Chove nas almas, descansam os corpos, morri no dia em que se morre.
2-Kyrie
Confesso. Confesso, não vivi. Aqui
vou, deitado, eu que já não sou, nós que não seremos, a Matilde chora por mim,
preso neste corpo inerte, ah, um cipreste confortante, logo as almas sairão,
fraternos patrulharemos angústias. E Deus, existirá? Ficarei à sua direita? Faz
frio, arrefece. Voltem, não vão já, não me deixem, egoístas, de volta às vossas
mortes diárias. É apertada a urna, falta o ar. Cheira a flores, flores de
morte.
3- Diez irae
Inicia-se a viagem, Anúbis barqueiro
em silêncio maneja o remo, Matilde chora, bem vejo, porque levantarão o som, é
o Inferno pela certa. E Jesus? Não está, regressou dos mortos, qual filme de
Corman. São belos os quadros aqui, perfumados, olha, Brunelleschi, Fra
Angelico, Donatello, Masaccio. Renascimento, lhe chamam, todos mortos, porém.
Quando parará a barca?
4.Tuba mirum
Chegamos ao cais, miserere mei, misere mei, disformes
embuçados carregam-me o caixão, será bom sinal? Vejo Matilde ao longe,
acaricia-me em foto, porque não guiei devagar? É esquisita a morte, cheira a
flores e cera. Dois homens riem naquela margem, chegaram agora, novos,
discípulos do Câncer, guerreiro da Morte.
5.Rex tremendae
Mandam-me erguer do caixão, que
aguarde, à volta retábulos e dentro deles mortos, vivos, mortos-vivos, Van Eyck
retoca um morto, e madonnas, muitas, florentinas, papais.
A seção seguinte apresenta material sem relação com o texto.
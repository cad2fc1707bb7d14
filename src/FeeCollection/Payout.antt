-- ===== src/FeeCollection/Payout.antt =====
-- What the two transfers out of the vaults do, and what the accounts were checked for.
use mim_swap_sol.Prelude.{
  ℕ, ◌+◌, ◌≡◌, ◌≢◌, ◌==◌, min, checked_sub, ok, arith, sym, ap, ◌∙◌, refl, >>=-elim, require,
}
use mim_swap_sol.Errors.{Pubkey, ErrorCode, AnchorError, code, anchor, Result}
use mim_swap_sol.Token.Interface.{TokenProgram, TokenAccount}
use mim_swap_sol.Token.Calls.{transfer_from_user_to_pool_vault, transfer_from_pool_vault_to_user}
use mim_swap_sol.Token.Laws.{TransferLaws, transfer-Moves}
use mim_swap_sol.States.Pool.{PoolState}
use mim_swap_sol.States.PoolLaws.{fees_0, fees_1, IsSolvent}
use mim_swap_sol.States.Config.{
  AmmConfig, TreasuryAddresses, treasury_authority, expected_fee_receiver,
}
use mim_swap_sol.Swap.Accounts.{Clock, World}
use mim_swap_sol.Swap.SettleLaws.{amount}
use mim_swap_sol.Swap.Safety.{vault_0, vault_1, reserve_0, reserve_1}
use mim_swap_sol.FeeCollection.Accounts.{
  CollectAccounts, validate_collect, validate_fee_recipient, payment_0, payment_1,
}
use mim_swap_sol.FeeCollection.Handlers.{
  Collected, take_protocol_fees, take_fund_fees, take_creator_fees, pay_out,
}

-- The recipients are not the vaults, and the vaults are two.
pub record IsCollectApart (a : CollectAccounts) : Type 0 where
  pub vaults : a.token_0_vault ≢ a.token_1_vault
  pub recipient_0_vault_0 : a.recipient_token_0_account ≢ a.token_0_vault
  pub recipient_0_vault_1 : a.recipient_token_0_account ≢ a.token_1_vault
  pub recipient_1_vault_0 : a.recipient_token_1_account ≢ a.token_0_vault
  pub recipient_1_vault_1 : a.recipient_token_1_account ≢ a.token_1_vault

-- What is taken comes off what the pool owes, and off nothing else that the reserves depend on.
pub record IsTaken (p : PoolState) (c : Collected) : Type 0 where
  pub owed_0 : fees_0 p ≡ fees_0 c.pool + c.amount_0
  pub owed_1 : fees_1 p ≡ fees_1 c.pool + c.amount_1
  pub vault_0_same : c.pool.token_0_vault ≡ p.token_0_vault
  pub vault_1_same : c.pool.token_1_vault ≡ p.token_1_vault
  pub lp_supply_same : c.pool.lp_supply ≡ p.lp_supply

pub take_protocol_fees-IsTaken :
    (epoch requested_0 requested_1 : ℕ) (p : PoolState) {c : Collected}
    → take_protocol_fees epoch requested_0 requested_1 p ≡ ok c
    → IsTaken p c
      × (p.protocol_fees_token_0
          ≡ c.pool.protocol_fees_token_0 + min requested_0 p.protocol_fees_token_0)
      × (p.protocol_fees_token_1
          ≡ c.pool.protocol_fees_token_1 + min requested_1 p.protocol_fees_token_1)
      × (c.amount_0 ≡ min requested_0 p.protocol_fees_token_0)
      × (c.amount_1 ≡ min requested_1 p.protocol_fees_token_1)
unfolding take_protocol_fees checked_sub
take_protocol_fees-IsTaken epoch requested_0 requested_1 p {c} h = ground arith

pub take_fund_fees-IsTaken :
    (epoch requested_0 requested_1 : ℕ) (p : PoolState) {c : Collected}
    → take_fund_fees epoch requested_0 requested_1 p ≡ ok c
    → IsTaken p c
      × (p.fund_fees_token_0 ≡ c.pool.fund_fees_token_0 + min requested_0 p.fund_fees_token_0)
      × (p.fund_fees_token_1 ≡ c.pool.fund_fees_token_1 + min requested_1 p.fund_fees_token_1)
      × (c.amount_0 ≡ min requested_0 p.fund_fees_token_0)
      × (c.amount_1 ≡ min requested_1 p.fund_fees_token_1)
unfolding take_fund_fees checked_sub
take_fund_fees-IsTaken epoch requested_0 requested_1 p {c} h = ground arith

pub take_creator_fees-IsTaken :
    (epoch : ℕ) (p : PoolState) {c : Collected}
    → take_creator_fees epoch p ≡ ok c
    → IsTaken p c × (c.pool.creator_fees_token_0 ≡ 0) × (c.pool.creator_fees_token_1 ≡ 0)
unfolding take_creator_fees
take_creator_fees-IsTaken epoch p {c} h = ground arith

module _ (t : TokenProgram) where
  -- The fees are covered after the step, and neither the reserves nor the lp supply has changed.
  pub record KeepsReserves (w w' : World t) : Type 0 where
    pub solvent : IsSolvent (vault_0 t w') (vault_1 t w') w'.pool
    pub reserve_0_same : reserve_0 t w' ≡ reserve_0 t w
    pub reserve_1_same : reserve_1 t w' ≡ reserve_1 t w
    pub supply_same : w'.pool.lp_supply ≡ w.pool.lp_supply

  pub collect_vaults :
      (a : CollectAccounts) (w : World t)
      → validate_collect t a w ≡ ok tt
      → (a.token_0_vault ≡ w.pool.token_0_vault) × (a.token_1_vault ≡ w.pool.token_1_vault)
  unfolding validate_collect
  collect_vaults a w h = >>=-elim (same_config a.amm_config w.pool.amm_config) _ h λ _ e0 h0.
      >>=-elim (same a.token_0_vault w.pool.token_0_vault) _ h0 λ _ e1 h1.
        >>=-elim (same a.token_1_vault w.pool.token_1_vault) _ h1
          λ _ e2 h2. (ground arith, ground arith)
    where
      same_config : ℕ → ℕ → Result (Unit {0})
      same_config x y = require (x == y) (anchor AnchorError.constraint_address)

      same : ℕ → ℕ → Result (Unit {0})
      same x y = require (x == y) (anchor AnchorError.constraint_raw)

  -- The recipient is an account of the treasury's authority for the mint, and is the one that the
  -- configuration names.
  pub record IsTreasurys (derive : TreasuryAddresses) (config : AmmConfig) (key : Pubkey)
      (account : TokenAccount) (mint : Pubkey) : Type 0 where
    pub of_mint : account.mint ≡ mint
    pub owned : treasury_authority derive config ≡ ok account.owner
    pub named : expected_fee_receiver derive mint config ≡ ok key

  pub validate_fee_recipient-IsTreasurys :
      (derive : TreasuryAddresses) (config : AmmConfig) (key : Pubkey) (account : TokenAccount)
      (mint : Pubkey)
      → validate_fee_recipient t derive config key account mint ≡ ok tt
      → IsTreasurys derive config key account mint
  unfolding validate_fee_recipient
  validate_fee_recipient-IsTreasurys derive config key account mint h =
      >>=-elim (same account.mint mint) _ h λ _ e0 h0.
        >>=-elim (treasury_authority derive config) _ h0 λ authority e1 h1.
          >>=-elim (same account.owner authority) _ h1 λ _ e2 h2.
            >>=-elim (expected_fee_receiver derive mint config) _ h2 λ receiver e3 h3.
              let owner_same : authority ≡ account.owner = ground arith in
              let key_same : receiver ≡ key = ground arith in
              record {
                of_mint = ground arith;
                owned = e1 ∙ ap (λ (k : Pubkey). ok k) owner_same;
                named = e3 ∙ ap (λ (k : Pubkey). ok k) key_same;
              }
    where
      same : ℕ → ℕ → Result (Unit {0})
      same x y = require (x == y) (code ErrorCode.invalid_fee_recipient)

  module _ (laws : TransferLaws t) (clock : Clock) (a : CollectAccounts) (w : World t)
      (apart : IsCollectApart a) where
    -- What is taken leaves the vaults, so the reserves stay.
    pub pay_out-KeepsReserves :
        (program_0 program_1 : Pubkey) (c : Collected) {w' : World t}
        → (a.token_0_vault ≡ w.pool.token_0_vault) × (a.token_1_vault ≡ w.pool.token_1_vault)
        → IsSolvent (vault_0 t w) (vault_1 t w) w.pool
        → IsTaken w.pool c
        → pay_out t clock program_0 program_1 a c w ≡ ok w'
        → KeepsReserves w w' × (w'.pool ≡ c.pool)
    unfolding pay_out transfer_from_pool_vault_to_user
    pay_out-KeepsReserves program_0 program_1 c {w'} (k0, k1) solvent taken h =
        >>=-elim
          (transfer_from_pool_vault_to_user t clock.epoch (payment_0 program_0 a) c.amount_0
            (t.mint w.ledger a.vault_0_mint).decimals w.ledger)
          _ h
          λ mid first rest.
            >>=-elim
              (transfer_from_pool_vault_to_user t clock.epoch (payment_1 program_1 a) c.amount_1
                (t.mint w.ledger a.vault_1_mint).decimals mid)
              _ rest
              λ last second done.
                let m1 =
                  transfer-Moves t laws (payment_0 program_0 a) clock.epoch c.amount_0
                    (t.mint w.ledger a.vault_0_mint).decimals w.ledger {l' = mid}
                    (unfold transfer_from_user_to_pool_vault in first)
                    (λ e. apart.recipient_0_vault_0 (sym e)) in
                let m2 =
                  transfer-Moves t laws (payment_1 program_1 a) clock.epoch c.amount_1
                    (t.mint w.ledger a.vault_1_mint).decimals mid {l' = last}
                    (unfold transfer_from_user_to_pool_vault in second)
                    (λ e. apart.recipient_1_vault_1 (sym e)) in
                let later =
                  ap (λ (x : TokenAccount). x.amount)
                    (m2.others_same a.token_0_vault apart.vaults
                      (λ e. apart.recipient_1_vault_0 (sym e))) in
                let before =
                  ap (λ (x : TokenAccount). x.amount)
                    (m1.others_same a.token_1_vault (λ e. apart.vaults (sym e))
                      (λ e. apart.recipient_0_vault_1 (sym e))) in
                let pool_same : w'.pool ≡ c.pool = ground arith in
                let ledger_same : w'.ledger ≡ last = ground arith in
                let loss_0 : amount t w.ledger a.token_0_vault
                    ≡ amount t last a.token_0_vault + c.amount_0 =
                  omega (arith, m1.debited, later) in
                let loss_1 : amount t w.ledger a.token_1_vault
                    ≡ amount t last a.token_1_vault + c.amount_1 =
                  omega (arith, m2.debited, before) in
                let after_0 : vault_0 t w' ≡ amount t last a.token_0_vault =
                  rw (pool_same, ledger_same, taken.vault_0_same, k0) refl in
                let after_1 : vault_1 t w' ≡ amount t last a.token_1_vault =
                  rw (pool_same, ledger_same, taken.vault_1_same, k1) refl in
                let before_0 = ap (λ (k : Pubkey). amount t w.ledger k) k0 in
                let before_1 = ap (λ (k : Pubkey). amount t w.ledger k) k1 in
                let owed_0 = ap (λ (p : PoolState). fees_0 p) pool_same in
                let owed_1 = ap (λ (p : PoolState). fees_1 p) pool_same in
                (
                  record {
                    solvent = record {
                      covers_0 = omega (arith, taken.owed_0, solvent.covers_0);
                      covers_1 = omega (arith, taken.owed_1, solvent.covers_1);
                      fits_0 = omega (arith, taken.owed_0, solvent.fits_0);
                      fits_1 = omega (arith, taken.owed_1, solvent.fits_1);
                    };
                    reserve_0_same = omega (arith, taken.owed_0, solvent.covers_0);
                    reserve_1_same = omega (arith, taken.owed_1, solvent.covers_1);
                    supply_same =
                        ap (λ (p : PoolState). p.lp_supply) pool_same ∙ taken.lp_supply_same;
                  },
                  pool_same,
                )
Há vida também,
caminhos para o Paraíso, olha a Vénus, Botticelli, Bellini, Verrochio. Os
corpos estão desnudados, a mim desnudam também, pecador corpo suplicando por um
lugar. Sim, são cicatrizes, muitas, cateterismos, acidentes de mota, não foi
por eles que cá estou.
Ei-lo, o Redentor, Altivo,
Castigador. Existe! Afinal existe! É como nos filmes, velho como o mundo. E
agora, ajoelho, choro, que faço? Tirem-me daqui, quero comer, quero os meus
amigos, já sei, daqui a pouco vou acordar e rirei a bom rir. Não vejo a Matilde
agora, está escuro, toda a luz recai sobre o Velho.
6.Recordare
Sim, é verdade. Matei rolas,
indefesas. Bati no Alcides, coitado. Pequei, pequei, pronto. Pecados mortais?
Todos. Bem, todos não, nunca tive inveja do Antunes, coitado, só do Porsche. E
a mulher do Brás, foi ela que quis...
7. Confutatis
Abre-se uma porta, estou nu e faz
frio. Pronto, pronto, como queiram. Os quadros mais belos passam agora, olha o
Bellini, Leonardo. O Leonardo, Deus meu, desculpa, Deus tu, é o paraíso por
certo, com Leonardo só pode ser o paraíso, espreito ao fundo, parece Sintra, há
castelos, e muitos anjos. Virarei anjo, sem sexo e com asas? Quando a Matilde
me vir...
8.Lacrimosa
Passa um filme. Sou eu, é a minha
vida. Olha, a avó Chica, tão frágil, o Zézito, coitado, morreu em África. Olha
a Matilde, chora. O Velho nada diz, estuda-me, bem vejo. Deixem-me voltar, não
sou daqui, as minhas lágrimas nada valem? Onde está a caridade? Afastem de mim
este frio, tapem-me, torturem-me, mas deixem-me.
9.Domine Jesu
Afinal há mais gente. Jesus, o
Nazareno. Como é magro, nos olhos o sofrimento do mundo. Olha-me, acaricia-me a
cara, segue pela esquerda, sumiu. O Velho hesita, começo a ficar conformado.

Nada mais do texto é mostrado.